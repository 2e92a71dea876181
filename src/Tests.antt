-- ===== src/Tests.antt =====
-- Runs of the model on concrete inputs: a reducer of the low-amount query (src/workers/low_amount_reducer)
-- with its log, and the ids of two clients.
mod Components
mod Graph
mod Gateway
mod Client
mod Side
mod Wire
use tp_distribuidos_moneylau.Prelude.{
  ℕ, ◌≡◌, ◌≢◌, refl, false, Option, none, some, List, [], ◌∷◌, map, nat_eq, list_eq, arith,
  if◌then◌else◌, lookup, get_or, contains, setdefault, insert, add, erase, ◌==◌, inl,
}
use tp_distribuidos_moneylau.Prelude.Int.{pos, ◌+ℤ◌, ◌-ℤ◌, ◌≤ℤ◌, leb_ℤ}
use tp_distribuidos_moneylau.Prelude.Text.{Text}
use tp_distribuidos_moneylau.Models.{Eof, RingEof}
use tp_distribuidos_moneylau.Worker.Hooks.{Config}
use tp_distribuidos_moneylau.Worker.Memory.{
  WalRecord, initial, replay, flow_keys, snapshot_flow, count_sends,
}
use tp_distribuidos_moneylau.Worker.Node.{Node, restarted, recover}
use tp_distribuidos_moneylau.Worker.Ring.{Output, ring_token, count_token, flush_token}
use tp_distribuidos_moneylau.Worker.Messages.{
  data_message, eof_message, handle_message, handle_control_message,
}
use tp_distribuidos_moneylau.Worker.Laws.Compaction.{IsTracked, SameFlow, compaction_restores}
use tp_distribuidos_moneylau.Worker.Termination.{
  stage, next, here, start, hop, IsSound, processed_sum, coordinator-processed,
}
use tp_distribuidos_moneylau.Prelude.Text.{text, decimal, join, str_ℤ}
use tp_distribuidos_moneylau.Prelude.TextLaws.{IsFree}
use tp_distribuidos_moneylau.Models.{is_cleanup_eof}
use tp_distribuidos_moneylau.Ids.{separator, ring_seq_of, ring_id, root_id, eof_id, final_eof_id}
use tp_distribuidos_moneylau.Ids.Laws.{
  ring_seq_of-ring_id, ring_id-injective, flush_id-injective, stream_ids,
}
use tp_distribuidos_moneylau.Worker.Laws.Repeats.{handle_message_again}
use tp_distribuidos_moneylau.Worker.Recovery.Restart.{
  Run, begin, data_step, token_step, restart_restores, Run-IsRecoverable, new-IsRecoverable,
}
use tp_distribuidos_moneylau.Workers.LowAmount.{
  Count, reducer, reducer_handle_data, reducer_flush_data,
}
use tp_distribuidos_moneylau.Workers.LowAmount.Durable.{reducer_laws}

abbrev client : Text
client = text "a"

abbrev setting : Config
setting = record { node_id = 0; node_prefix = text "n"; ring_size = 2 }

abbrev three : Count
three = record { count = 3 }

abbrev Effect : Type 0
Effect = Option (Node (reducer 0) × List (Output ((reducer 0).Body)))

abbrev node_of : Effect → Node (reducer 0)
node_of none = restarted (reducer 0) []
node_of (some r) = r.0

abbrev handled : Text → Node (reducer 0) → Effect
handled mid n = handle_message (reducer 0) setting mid client (data_message three) n

abbrev node1 : Node (reducer 0)
node1 = node_of (handled (text "m") (restarted (reducer 0) []))

handled1 : handled (text "m") (restarted (reducer 0) []) ≡ some (node1, [])
unfolding handle_message get_or lookup contains setdefault insert reducer_handle_data
handled1 = refl

handle_message_again_example : handled (text "m") node1 ≡ some (node1, [])
handle_message_again_example =
    handle_message_again (reducer 0) setting (text "m") client (data_message three)
      (restarted (reducer 0) []) (λ e. cc) handled1

Run-example : Run (reducer 0) (reducer_laws 0) client setting (restarted (reducer 0) []) node1
Run-example = data_step (restarted (reducer 0) []) node1 (text "m") client three [] begin handled1

-- the flow of another client is flushed
abbrev neighbour : Text
neighbour = text "b"

abbrev flushing : RingEof
flushing = record {
  expected_count = pos 1;
  total_processed_count = pos 1;
  coordinator_id = some 0;
  total_sent_count = some (pos 0);
}

abbrev beside : Effect
beside = handle_message (reducer 0) setting (text "m") neighbour (data_message three) node1

abbrev flushed : Effect
flushed =
    handle_control_message (reducer 0) setting (text "b:flush:0") neighbour flushing
      (node_of beside)

beside_refl : beside ≡ some (node_of beside, [])
unfolding handle_message get_or lookup contains setdefault insert reducer_handle_data
beside_refl = refl

abbrev outputs_of : Effect → List (Output ((reducer 0).Body))
outputs_of none = []
outputs_of (some r) = r.1

flushed_refl : flushed ≡ some (node_of flushed, outputs_of flushed)
unfolding handle_message handle_control_message get_or lookup contains setdefault insert add erase
    reducer_handle_data reducer_flush_data flush_token ring_id ◌-ℤ◌ join ◌+ℤ◌ str_ℤ decimal
    count_sends
flushed_refl = refl

neighbour_other : (neighbour == client) ≡ false
neighbour_other = refl

Run-flushed :
    Run (reducer 0) (reducer_laws 0) client setting (restarted (reducer 0) []) (node_of flushed)
Run-flushed =
    token_step (node_of beside) (node_of flushed) (text "b:flush:0") neighbour flushing
      (outputs_of flushed)
      (data_step node1 (node_of beside) (text "m") neighbour three [] Run-example beside_refl)
      (inl neighbour_other) flushed_refl

restart_restores_example :
    (log : List (WalRecord Count)) × ((node_of flushed).store ≡ some log)
    × SameFlow
        (reducer_laws 0)
        client
        (recover (reducer 0) (restarted (reducer 0) log)).memory
        (node_of flushed).memory
restart_restores_example =
    restart_restores (reducer 0) (reducer_laws 0) client setting (node_of flushed) Run-flushed

node1_IsTracked : IsTracked (reducer_laws 0) node1.memory
node1_IsTracked =
    (Run-IsRecoverable (reducer 0) (reducer_laws 0) client setting
      (new-IsRecoverable (reducer 0) (reducer_laws 0) client setting) Run-example).tracked

compaction_restores_example :
    SameFlow
      (reducer_laws 0)
      client
      (replay
        (reducer 0)
        (initial (reducer 0))
        (map (snapshot_flow (reducer 0) node1.memory) (flow_keys (reducer 0) node1.memory)))
      node1.memory
compaction_restores_example =
    compaction_restores (reducer 0) (reducer_laws 0) node1.memory node1_IsTracked client

ring_seq_of-ring_id_example : ring_seq_of (ring_id client (text "count") (pos 12)) ≡ pos 12
ring_seq_of-ring_id_example = ring_seq_of-ring_id client (text "count") 12

count-IsFree : IsFree separator (text "count")
count-IsFree = (λ e. cc, (λ e. cc, (λ e. cc, (λ e. cc, (λ e. cc, tt)))))

ring_id-injective_example : (text "count" ≡ text "count") × (◌≡◌ {A = ℕ} 12 12)
ring_id-injective_example =
    ring_id-injective client (text "count") (text "count") 12 12 count-IsFree count-IsFree refl

flush_id-injective_example : (◌≡◌ {A = ℕ} 1 1) × (◌≡◌ {A = ℕ} 2 2)
flush_id-injective_example = flush_id-injective client 1 2 1 2 refl

abbrev end : Eof
end = record { message_count = pos 7 }

stream_ids_example :
    (root_id client 3 ≡ root_id client 4 → ◌≡◌ {A = ℕ} 3 4)
    × (root_id client 4 ≢ eof_id client none)
    × (root_id client 4 ≢ final_eof_id client end none)
    × (final_eof_id client end none ≡ eof_id client none → is_cleanup_eof end ≡ false)
stream_ids_example = stream_ids client 3 4 end

-- two nodes, one message each: the first starts the ring, the second becomes its coordinator
abbrev two : Eof
two = record { message_count = pos 2 }

abbrev ended : Effect
ended = handle_message (reducer 0) setting (text "e") client (eof_message two) node1

abbrev started : RingEof
started = record {
  expected_count = pos 2;
  total_processed_count = pos 1;
  coordinator_id = none;
  total_sent_count = some (pos 0);
}

abbrev counted : RingEof
counted = record {
  expected_count = pos 2;
  total_processed_count = pos 2;
  coordinator_id = some 0;
  total_sent_count = some (pos 0);
}

started_refl :
    ended ≡ some (node_of ended, ring_token (text "n1") (text "a:count:0") client started ∷ [])
unfolding handle_message get_or lookup contains setdefault insert reducer_handle_data add decimal
    ring_id ◌-ℤ◌ join ◌+ℤ◌ str_ℤ count_sends
started_refl = refl

abbrev hopped : Effect
hopped = handle_control_message (reducer 0) setting (text "a:count:0") client started node1

hopped_refl :
    hopped ≡ some (node_of hopped, ring_token (text "n1") (text "a:flush:0") client counted ∷ [])
unfolding handle_message handle_control_message get_or lookup contains setdefault insert
    reducer_handle_data count_token decimal ring_id ◌-ℤ◌ join ◌+ℤ◌ str_ℤ count_sends
hopped_refl = refl

new_IsSound : IsSound (reducer 0) client (stage (reducer 0) client (node1 ∷ node1 ∷ []) none)
unfolding handle_message get_or lookup contains setdefault insert reducer_handle_data
new_IsSound = record { told = (omega arith, (omega arith, tt)); token = refl }

coordinator-processed_example :
    (counted.total_processed_count
      ≤ℤ pos (processed_sum (reducer 0) client (node_of ended ∷ node_of hopped ∷ [])))
    × ((id : ℕ)
        → counted.coordinator_id ≡ some id
        → counted.expected_count
          ≤ℤ pos (processed_sum (reducer 0) client (node_of ended ∷ node_of hopped ∷ [])))
coordinator-processed_example =
    coordinator-processed (reducer 0) client (stage (reducer 0) client (node1 ∷ node1 ∷ []) none)
      (node_of ended ∷ node_of hopped ∷ []) counted new_IsSound
      (next
        (next here (
          start [] (node1 ∷ []) setting (text "e") two node1 (node_of ended) (text "n1")
            (text "a:count:0") started started_refl))
        (hop (node_of ended ∷ []) [] setting (text "a:count:0") node1 (node_of hopped) (text "n1")
          (text "a:flush:0") started counted refl hopped_refl))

****************

_Task brief:_
Every line of the listing that includes the word "SameFlow" forms the answer.

_Response area:_
use tp_distribuidos_moneylau.Worker.Laws.Compaction.{IsTracked, SameFlow, compaction_restores}
    × SameFlow
    SameFlow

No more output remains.